Arte promocional de Midnight Murder Club, mostrando uma figura mascarada com chifres e terno segurando um revólver, enquanto outra personagem armada aparece ao fundo em um ambiente iluminado em vermelho.
Arte oficial de Midnight Murder Club

Review | Midnight Murder Club (PS5)

Jogo de tiro e festa da Velan Studios mostra boas ideias, mas repetição e falta de conteúdo atrapalham a experiência

Quando Midnight Murder Club foi anunciado pela Velan Studios, muita gente ficou intrigada com a proposta: um jogo que mistura elementos de party game, shooter em primeira pessoa e horror de atmosfera, tudo dentro de uma mansão mal-assombrada mergulhada em escuridão quase total. A ideia parecia fresca, principalmente ao abraçar a simplicidade de reunir amigos para partidas rápidas, caóticas e cheias de risadas nervosas.

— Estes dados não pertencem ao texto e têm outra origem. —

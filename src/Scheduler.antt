-- ===== src/Scheduler.antt =====
-- scripts/pd_fleet/scheduler.py: the tasks that are ready, the paths they own, and the selector that
-- the scheduler gives to `claim_many`.
pub mod Ready
pub mod Select
pub mod Apart
pub mod Stale
use Prim.Native.Char.{Char, code}
use Prim.Native.String.{◌++◌ as append}
use project_development_skil.Base.{
  ℕ, zero, suc, String, Bool, true, false, not, ◌&&◌, ◌||◌, Option, none, some, List, [], ◌∷◌, ◌++◌,
  ltb, leb, ◌==◌, str_eq, if◌then◌else◌, any, all, keep, is_nil, length, ℤ, pos, negsuc, is_empty,
  cons_if,
}
use project_development_skil.Dict
use project_development_skil.Dict.{Dict}
use project_development_skil.Store.State.{
  Status, PlanTask, Lease, ReportRecord, Snapshot, Env, is_terminal_task, is_completed,
}
use project_development_skil.Store.Disk.{
  Result, ok, err, StoreError, capacity_exceeded, ownership_conflict, scheduler_error, Disk, ◌>>=◌,
  ◌>>◌, require, load,
}
use project_development_skil.Store.Leases.{is_active}
use project_development_skil.Store.Batch.{Selector, Batch, claim_many, mem}

-- Text, by code points: `a <= b`, and whether `s` starts with `p`.
unfoldable pub str_leb : String → String → Bool
str_leb String.[] t = true
str_leb (String.◌∷◌ c s) String.[] = false
str_leb (String.◌∷◌ c s) (String.◌∷◌ d t) =
    ltb (code c) (code d) || (code c == code d && str_leb s t)

unfoldable pub starts_with : String → String → Bool
starts_with String.[] s = true
starts_with (String.◌∷◌ c p) String.[] = false
starts_with (String.◌∷◌ c p) (String.◌∷◌ d s) = code c == code d && starts_with p s

-- sorted(ids)
unfoldable pub insert : String → List String → List String
insert x [] = x ∷ []
insert x (y ∷ ys) = let rest = insert x ys in if str_leb x y then x ∷ y ∷ ys else y ∷ rest

unfoldable pub sorted : List String → List String
unfolding insert
sorted [] = []
sorted (x ∷ xs) = insert x (sorted xs)

-- What the scheduler takes of `PurePosixPath`: the parts of a path, and its text.
pub record Posix : Type 0 where
  pub parts : String → List String
  pub text : String → String

-- value.replace("\\", "/")
slashes : String → String
slashes String.[] = ""
slashes (String.◌∷◌ c s) = String.◌∷◌ (if code c == 92 then "/" else c) (slashes s)

owned_path : Posix → String → Result String
unfolding starts_with slashes
owned_path posix value = do
  require (not (is_nil value)) scheduler_error
  require (not (starts_with "/" value || starts_with "\\" value)) scheduler_error
  require (not (mem ".." (posix.parts (slashes value)))) scheduler_error
  ok (posix.text (slashes value))

-- _paths, on the paths that a task lists under its two keys
unfoldable pub paths_of : Posix → List String → Result (List String)
unfolding owned_path
paths_of posix [] = ok []
paths_of posix (value ∷ rest) = do p ← owned_path posix value; ps ← paths_of posix rest; ok (p ∷ ps)

-- _overlap
unfoldable pub paths_meet : String → String → Bool
unfolding starts_with
paths_meet a b = str_eq a b || (starts_with (append b "/") a || starts_with (append a "/") b)

unfoldable pub overlap : List String → List String → Bool
unfolding paths_meet
overlap left right = any (λ a. any (paths_meet a) right) left

-- _task_map: later tasks replace earlier ones of the same id
task_map_from : Dict PlanTask → List PlanTask → Dict PlanTask
task_map_from d [] = d
task_map_from d (t ∷ ts) = task_map_from (Dict.put t.id t d) ts

unfoldable pub task_map : Snapshot → Dict PlanTask
unfolding task_map_from
task_map s = task_map_from [] s.plan

abbrev pub status_or : Option Status → Status → Status
status_or none status = status
status_or (some status) old = status

-- The status of a task: the run's, or else the plan's.
unfoldable pub status_of : Snapshot → String → PlanTask → Status
status_of s task_id t = status_or (Dict.get task_id s.tasks) t.status

abbrev completed_status : Option Status → Bool
completed_status none = false
completed_status (some status) = is_completed status

abbrev completed_report : Option ReportRecord → Bool
completed_report none = false
completed_report (some r) = is_completed r.status

-- `dep in completed`
unfoldable pub is_done : Snapshot → String → Bool
is_done s dep = completed_status (Dict.get dep s.tasks) || completed_report (Dict.get dep s.reports)

-- Without a clock every lease counts as active.
abbrev pub holds : Option ℕ → Option Lease → Bool
holds now none = false
holds none (some lease) = true
holds (some now) (some lease) = ltb now lease.expires_at

abbrev pub is_open : Snapshot → String × PlanTask → Bool
unfolding status_of
is_open s (task_id, t) = not (is_terminal_task (status_of s task_id t))

-- The waves of the tasks that are not terminal.
unfoldable pub open_waves : Snapshot → Dict PlanTask → List ℕ
open_waves s [] = []
open_waves s ((task_id, t) ∷ ts) = cons_if (is_open s (task_id, t)) t.wave (open_waves s ts)

-- min(waves), for a first wave and the others
unfoldable pub minimum : ℕ → List ℕ → ℕ
minimum n [] = n
minimum n (m ∷ ms) = let rest = minimum n ms in if leb rest m then rest else m

-- The tests of the loop, for a task of the map.
unfoldable pub runnable : Option ℕ → Snapshot → ℕ → String → Option PlanTask → Bool
unfolding status_of is_done
runnable now s wave task_id none = false
runnable now s wave task_id (some t) =
    not (is_terminal_task (status_of s task_id t))
    && (not (holds now (Dict.get task_id s.leases))
        && (t.wave == wave && all (is_done s) t.depends_on))

abbrev pub keys : Dict PlanTask → List String
keys [] = []
keys ((k, t) ∷ d) = k ∷ keys d

ready_in : Option ℕ → Snapshot → List ℕ → List String
unfolding minimum runnable sorted task_map
ready_in now s [] = []
ready_in now s (w ∷ ws) =
    keep (λ k. runnable now s (minimum w ws) k (Dict.get k (task_map s)))
      (sorted (keys (task_map s)))

-- _ready_ids_from_state
unfoldable pub ready_ids : Option ℕ → Snapshot → List String
unfolding ready_in open_waves
ready_ids now s = ready_in now s (open_waves s (task_map s))
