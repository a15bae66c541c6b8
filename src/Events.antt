-- ===== src/Events.antt =====
-- scripts/pd_fleet/events.py, EventLog: the append-only log of a run. `none` stands for an
-- EventError. A log is its list of lines, each a complete record of an event; sequences and epochs
-- are natural numbers. The JSON text of an event and the length of its line are parameters, since
-- they rest on `json` and `hashlib`; a line with a wrong checksum is not modelled. The file lock
-- makes calls follow one another.
pub mod Order
pub mod Overflow
pub mod Diagnostics
pub mod Continuity
use project_development_skil.Base.{
  ℕ, zero, suc, ◌+◌, ◌*◌, String, Bool, true, false, not, ◌&&◌, ◌||◌, Option, none, some, List, [],
  ◌∷◌, ◌++◌, leb, ltb, ◌==◌, str_eq, if◌then◌else◌, is_none, all, keep, length,
}
use project_development_skil.Fallible.{◌>>=◌, ◌>>◌, require}
use project_development_skil.Store.Batch.{take}
use project_development_skil.Scheduler.{str_leb}
use project_development_skil.Value.{Fields}

abbrev pub max_events : ℕ
max_events = 10_000

abbrev pub max_query : ℕ
max_query = 1000

abbrev pub max_log_bytes : ℕ
max_log_bytes = 4_194_304

-- MAX_PAYLOAD_BYTES + 1024
abbrev pub max_log_line_bytes : ℕ
max_log_line_bytes = 66_560

pub record FleetEvent : Type 0 where
  pub event_id : String
  pub run_id : String
  pub task_id : Option String
  pub kind : String
  pub ordering_key : String
  pub sequence : ℕ
  pub owner_epoch : Option ℕ
  pub payload : Fields
  pub created_at : String

-- `_canonical(event.to_dict())`, and the length of the line with its checksum
pub record Json : Type 0 where
  pub canonical : FleetEvent → String
  pub line_bytes : FleetEvent → ℕ

pub record EventLog : Type 0 where
  pub run_id : String
  pub owner_epoch : Option ℕ

abbrev pub Lines : Type 0
Lines = List FleetEvent

abbrev pub bytes : Json → Lines → ℕ
bytes json [] = 0
bytes json (e ∷ es) = json.line_bytes e + bytes json es

-- _records: too many bytes, a line that is too long, or too many lines
unfoldable pub records : Json → Lines → Option Lines
records json lines =
    if leb (bytes json lines) max_log_bytes
      && (all (λ e. leb (json.line_bytes e) max_log_line_bytes) lines
          && leb (length lines) max_events)
    then some lines
    else none

abbrev epochs_agree : Option ℕ → Option ℕ → Bool
epochs_agree none e = true
epochs_agree (some n) none = false
epochs_agree (some n) (some m) = n == m

-- The event is of the log's run, and of its epoch if the log has one.
unfoldable pub owns : EventLog → FleetEvent → Bool
owns log e = str_eq e.run_id log.run_id && epochs_agree log.owner_epoch e.owner_epoch

-- What the records say of a new event
pub data Found : Type 0 where
  fresh : Found
  repeated : FleetEvent → Found
  clash : Found

-- The loop over the records
unfoldable pub scan : Json → FleetEvent → Lines → Found
scan json e [] = fresh
scan json e (old ∷ rest) =
    let later = scan json e rest in
    if str_eq old.event_id e.event_id
    then if str_eq (json.canonical old) (json.canonical e) then repeated old else clash
    else if old.sequence == e.sequence
    then clash
    else later

-- `event.sequence > records[-1].sequence`, or no records
unfoldable pub follows : ℕ → Lines → Bool
follows n [] = true
follows n (e ∷ []) = ltb e.sequence n
follows n (e ∷ rest) = follows n rest

-- The writing of a line, for an event that is fresh
unfoldable pub write_line : Json → FleetEvent → Lines → Option FleetEvent × Lines
unfolding follows
write_line json e lines =
    if not (follows e.sequence lines)
    then (none, lines)
    else if leb max_events (length lines) || ltb max_log_line_bytes (json.line_bytes e)
    then (none, lines)
    else (some e, lines ++ e ∷ [])

unfoldable pub append_found : Json → FleetEvent → Lines → Found → Option FleetEvent × Lines
unfolding write_line
append_found json e lines fresh = write_line json e lines
append_found json e lines (repeated old) = (some old, lines)
append_found json e lines clash = (none, lines)

-- EventLog.append
unfoldable pub append : Json → EventLog → FleetEvent → Lines → Option FleetEvent × Lines
unfolding owns records scan append_found
append json log e lines = if not (owns log e) then (none, lines) else elim (records json lines) [
  | none ↦ (none, lines)
  | some read ↦ append_found json e lines (scan json e read)
]

unfoldable pub append_all : Json → EventLog → List FleetEvent → Lines → Lines
unfolding append
append_all json log [] lines = lines
append_all json log (e ∷ es) lines = append_all json log es (append json log e lines).1

-- _check_limit
abbrev pub limit_fits : ℕ → Bool
limit_fits limit = leb 1 limit && leb limit max_query

-- EventLog.replay
unfoldable pub replay : Json → ℕ → Lines → Option Lines
unfolding records
replay json limit lines = do
  require (limit_fits limit)
  read ← records json lines
  some (take limit read)

abbrev asks : Option String → Option String → Bool
asks none given = true
asks (some k) none = false
asks (some k) (some j) = str_eq j k

abbrev wanted : Option String → Option String → FleetEvent → Bool
wanted ordering_key task_id e = asks ordering_key (some e.ordering_key) && asks task_id e.task_id

-- `(a.ordering_key, a.sequence) <= (b.ordering_key, b.sequence)`
unfoldable pub event_leb : FleetEvent → FleetEvent → Bool
unfolding str_leb
event_leb a b =
    if str_eq a.ordering_key b.ordering_key
    then leb a.sequence b.sequence
    else str_leb a.ordering_key b.ordering_key

unfoldable pub insert : FleetEvent → Lines → Lines
unfolding event_leb
insert e [] = e ∷ []
insert e (x ∷ xs) = let rest = insert e xs in if event_leb e x then e ∷ x ∷ xs else x ∷ rest

unfoldable pub sort : Lines → Lines
unfolding insert
sort [] = []
sort (e ∷ es) = insert e (sort es)

-- EventLog.query, for keys that pass the checks of texts
unfoldable pub query : Json → Option String → Option String → ℕ → Lines → Option Lines
unfolding records sort
query json ordering_key task_id limit lines = do
  require (limit_fits limit)
  read ← records json lines
  some (take limit (sort (keep (wanted ordering_key task_id) read)))
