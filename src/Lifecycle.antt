-- ===== src/Lifecycle.antt =====
-- scripts/pd_fleet/lifecycle.py: the state machine of one task. A method mutates the object and may
-- raise, so it returns the object beside the error: what was written before a raise stays written.
-- Instants and durations are whole ticks of the caller's clock; only the exception's class is kept.
-- `now` may be left out, or be something that `_seconds` raises on.
pub mod Diagram
pub mod Walks
pub mod Terminal
pub mod Attempts
pub mod Orphans
pub mod Gates
use project_development_skil.Base.{
  ℕ, ◌+◌, String, Bool, true, false, not, ◌||◌, Option, none, some, List, [], ◌∷◌, ◌++◌, ltb, leb,
  ◌==◌, if◌then◌else◌, is_nil, is_blank, str_eq, ℤ, pos, negsuc,
}
use project_development_skil.Value.{Value, null, has}

pub data LifecycleState : Type 0 where
  pending ready running blocked failed completed skipped : LifecycleState

-- The exception classes; the next three derive from `lifecycle_error`. `value_error` is none of
-- them: it stands for what `float` and a failing `timestamp` raise in `_seconds`.
pub data LifecycleError : Type 0 where
  lifecycle_error invalid_transition completion_error retry_exhausted value_error : LifecycleError

-- The argument `now`: None, what `_seconds` raises on, such as the text of a date, or an instant
pub data Now : Type 0 where
  omitted unreadable : Now
  instant : ℕ → Now

-- _seconds; `none` stands for its exception, also on None
abbrev pub seconds : Now → Option ℕ
seconds (instant t) = some t
seconds _ = none

-- `LifecycleState.value`, and `LifecycleState(text)`, which raises `ValueError` on other texts
unfoldable pub value : LifecycleState → String
value pending = "pending"
value ready = "ready"
value running = "running"
value blocked = "blocked"
value failed = "failed"
value completed = "completed"
value skipped = "skipped"

unfoldable pub of_value : String → Option LifecycleState
of_value s =
    if str_eq s "pending"
    then some pending
    else if str_eq s "ready"
    then some ready
    else if str_eq s "running"
    then some running
    else if str_eq s "blocked"
    then some blocked
    else if str_eq s "failed"
    then some failed
    else if str_eq s "completed"
    then some completed
    else if str_eq s "skipped"
    then some skipped
    else none

-- What a caller may pass as a state: a member, a `str`, or anything else.
pub data StateArg : Type 0 where
  member : LifecycleState → StateArg
  named : String → StateArg
  foreign : StateArg

-- _state; `none` stands for the LifecycleError
unfoldable pub to_state : StateArg → Option LifecycleState
unfolding of_value
to_state (member s) = some s
to_state (named t) = of_value t
to_state foreign = none

-- VALID_TRANSITIONS
unfoldable pub allowed : LifecycleState → LifecycleState → Bool
allowed pending ready = true
allowed pending skipped = true
allowed pending blocked = true
allowed ready running = true
allowed ready skipped = true
allowed ready blocked = true
allowed running completed = true
allowed running failed = true
allowed running blocked = true
allowed failed ready = true
allowed _ _ = false

pub record Move : Type 0 where
  pub source : LifecycleState
  pub target : LifecycleState
  pub reason : Option String

pub record TaskLifecycle : Type 0 where
  pub task_id : String
  pub state : LifecycleState
  pub attempt : ℕ
  pub max_attempts : ℕ
  pub agent : Option String
  pub heartbeat : Option ℕ
  pub started_at : Option ℕ
  pub finished_at : Option ℕ
  pub outputs : Value
  pub evidence : Value
  pub reason : Option String
  pub error : Option String
  pub history : List Move
  pub final_report : Value
  pub report_final : Value
  pub retryable : Bool

-- The dataclass defaults, for a given id and bound on attempts.
unfoldable pub fresh : String → ℕ → TaskLifecycle
fresh task_id max_attempts = record {
  task_id = task_id;
  state = pending;
  attempt = 0;
  max_attempts = max_attempts;
  agent = none;
  heartbeat = none;
  started_at = none;
  finished_at = none;
  outputs = null;
  evidence = null;
  reason = none;
  error = none;
  history = [];
  final_report = null;
  report_final = null;
  retryable = true;
}

abbrev pub Call : Type 0
Call = TaskLifecycle × Option LifecycleError

-- __post_init__ on fields of the declared types
unfoldable pub post_init : TaskLifecycle → Call
post_init s =
    if is_nil s.task_id || ltb s.max_attempts 1 || ltb s.max_attempts s.attempt
    then (s, some lifecycle_error)
    else (s, none)

-- The new reason replaces the old one unless it is None.
abbrev pub or_keep {ℓ} : {A : Type ℓ} → Option A → Option A → Option A
or_keep none old = old
or_keep (some a) old = some a

unfoldable pub can_transition : TaskLifecycle → StateArg → Option Bool
unfolding to_state allowed
can_transition s arg = elim (to_state arg) [ none ↦ none | some t ↦ some (allowed s.state t) ]

unfoldable pub move : TaskLifecycle → LifecycleState → Option String → Call
unfolding allowed
move s target reason =
    if allowed s.state target
    then (
      record s {
        state = target;
        reason = or_keep reason s.reason;
        history = s.history ++ record { source = s.state; target = target; reason = reason } ∷ [];
      },
      none,
    )
    else (s, some invalid_transition)

unfoldable pub transition : TaskLifecycle → StateArg → Option String → Call
unfolding to_state move
transition s arg reason = elim (to_state arg) [
  | none ↦ (s, some lifecycle_error)
  | some t ↦ move s t reason
]

abbrev pub is_running : LifecycleState → Bool
is_running running = true
is_running _ = false

abbrev pub is_completed : LifecycleState → Bool
is_completed completed = true
is_completed _ = false

abbrev pub is_failed : LifecycleState → Bool
is_failed failed = true
is_failed _ = false

unfoldable pub mark_ready : TaskLifecycle → Call
unfolding move
mark_ready s = move s ready none

-- The tail of `start`, after a transition that did not raise
started : String → Now → TaskLifecycle → Call
started agent now s =
    let first = record s {
      attempt = if s.attempt == 0 then 1 else s.attempt;
      agent = some agent;
    } in
    elim now [
      | omitted ↦ (first, none)
      | unreadable ↦ (first, some value_error)
      | instant t ↦ (record first { started_at = some t; heartbeat = some t }, none)
    ]

-- A transition that raised ends `start`.
start_from : String → Now → Call → Call
unfolding started
start_from agent now (s, none) = started agent now s
start_from agent now (s, some e) = (s, some e)

unfoldable pub start : TaskLifecycle → String → Now → Call
unfolding move start_from
start s agent now =
    if is_nil agent then (s, some lifecycle_error) else start_from agent now (move s running none)

unfoldable pub beat : TaskLifecycle → Now → Call
beat s now =
    if is_running s.state
    then elim (seconds now) [
      | none ↦ (s, some value_error)
      | some t ↦ (record s { heartbeat = some t }, none)
    ]
    else (s, some invalid_transition)

-- The last two statements of `complete` and of `fail`: `finished_at`, unless `now` is None, and the
-- transition
finish : TaskLifecycle → Now → LifecycleState → Option String → Call
unfolding move
finish s now target reason = elim now [
  | omitted ↦ move s target reason
  | unreadable ↦ (s, some value_error)
  | instant t ↦ move (record s { finished_at = some t }) target reason
]

unfoldable pub complete : TaskLifecycle → Value → Value → Now → Call
unfolding finish
complete s outputs evidence now =
    if is_completed s.state
    then (s, none)
    else if not (is_running s.state)
    then (s, some invalid_transition)
    else if not (has outputs) || not (has evidence)
    then (s, some completion_error)
    else finish
        (record s {
          outputs = outputs;
          evidence = evidence;
          final_report = evidence;
          report_final = evidence;
        })
        now completed none

unfoldable pub fail : TaskLifecycle → String → Bool → Now → Call
unfolding finish
fail s error retryable now =
    if is_running s.state
    then finish (record s { error = some error; retryable = retryable }) now failed (some error)
    else (s, some invalid_transition)

unfoldable pub retry : TaskLifecycle → Call
unfolding move
retry s =
    if not (is_failed s.state)
    then (s, some invalid_transition)
    else if leb s.max_attempts s.attempt
    then (s, some retry_exhausted)
    else if not s.retryable
    then (s, some retry_exhausted)
    else move (record s { attempt = s.attempt + 1; error = none }) ready (some "explicit_retry")

unfoldable pub block : TaskLifecycle → String → Call
unfolding move
block s reason = if is_blank reason then (s, some lifecycle_error) else move s blocked (some reason)

unfoldable pub skip : TaskLifecycle → String → Call
unfolding move
skip s reason = if is_blank reason then (s, some lifecycle_error) else move s skipped (some reason)

-- `x if x is not None else y`, for Any values and for optional instants
abbrev pub or_value : Value → Value → Value
or_value null y = y
or_value x y = x

abbrev pub is_null : Value → Bool
is_null null = true
is_null _ = false

-- `reference is None or _seconds(now) - reference >= timeout`, the latter without a subtraction
abbrev pub overdue : Option ℕ → Now → ℕ → Option Bool
overdue none now timeout = some true
overdue (some reference) (instant t) timeout = some (leb (reference + timeout) t)
overdue (some reference) _ timeout = none

-- The test of `recover_orphan`, for a running task; it stops at the first part that holds.
unfoldable pub is_orphan : TaskLifecycle → Now → ℕ → Option Bool
is_orphan s now timeout =
    if is_null (or_value s.final_report s.report_final)
    then some true
    else overdue (or_keep s.heartbeat s.started_at) now timeout

-- `return True` after a call of `fail` that did not raise
abbrev pub recovered : Call → TaskLifecycle × Option LifecycleError × Bool
recovered (s, none) = (s, none, true)
recovered (s, some e) = (s, some e, false)

-- A negative timeout raises; the last part is the returned bool, and false after an exception.
unfoldable pub recover_orphan :
    TaskLifecycle → Now → ℤ → TaskLifecycle × Option LifecycleError × Bool
unfolding fail is_orphan
recover_orphan s now (negsuc n) =
    if is_running s.state then (s, some lifecycle_error, false) else (s, none, false)
recover_orphan s now (pos timeout) =
    if not (is_running s.state) then (s, none, false) else elim (is_orphan s now timeout) [
      | none ↦ (s, some value_error, false)
      | some false ↦ (s, none, false)
      | some true ↦ recovered (fail s "orphaned_run" true now)
    ]

-- One call of a method, with the arguments it was given.
pub data Op : Type 0 where
  do_transition : StateArg → Option String → Op
  do_mark_ready : Op
  do_start : String → Now → Op
  do_beat : Now → Op
  do_complete : Value → Value → Now → Op
  do_fail : String → Bool → Now → Op
  do_retry : Op
  do_block : String → Op
  do_skip : String → Op
  do_recover_orphan : Now → ℤ → Op

unfoldable pub apply : TaskLifecycle → Op → Call
unfolding transition mark_ready start beat complete fail retry block skip recover_orphan
apply s (do_transition arg reason) = transition s arg reason
apply s do_mark_ready = mark_ready s
apply s (do_start agent now) = start s agent now
apply s (do_beat now) = beat s now
apply s (do_complete outputs evidence now) = complete s outputs evidence now
apply s (do_fail error retryable now) = fail s error retryable now
apply s do_retry = retry s
apply s (do_block reason) = block s reason
apply s (do_skip reason) = skip s reason
apply s (do_recover_orphan now timeout) = let (s', e, _) = recover_orphan s now timeout in (s', e)

-- A caller that carries on after every error.
unfoldable pub run : TaskLifecycle → List Op → TaskLifecycle
run s [] = s
run s (op ∷ ops) = run (apply s op).0 ops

Agora, com a versão final no PlayStation 5, é hora de avaliar o resultado. Apesar da criatividade e de alguns momentos realmente divertidos, Midnight Murder Club acaba sendo um título que entrega boas sessões casuais, mas esbarra em limitações graves: falta de conteúdo, repetição excessiva e um design que não sustenta a experiência no longo prazo.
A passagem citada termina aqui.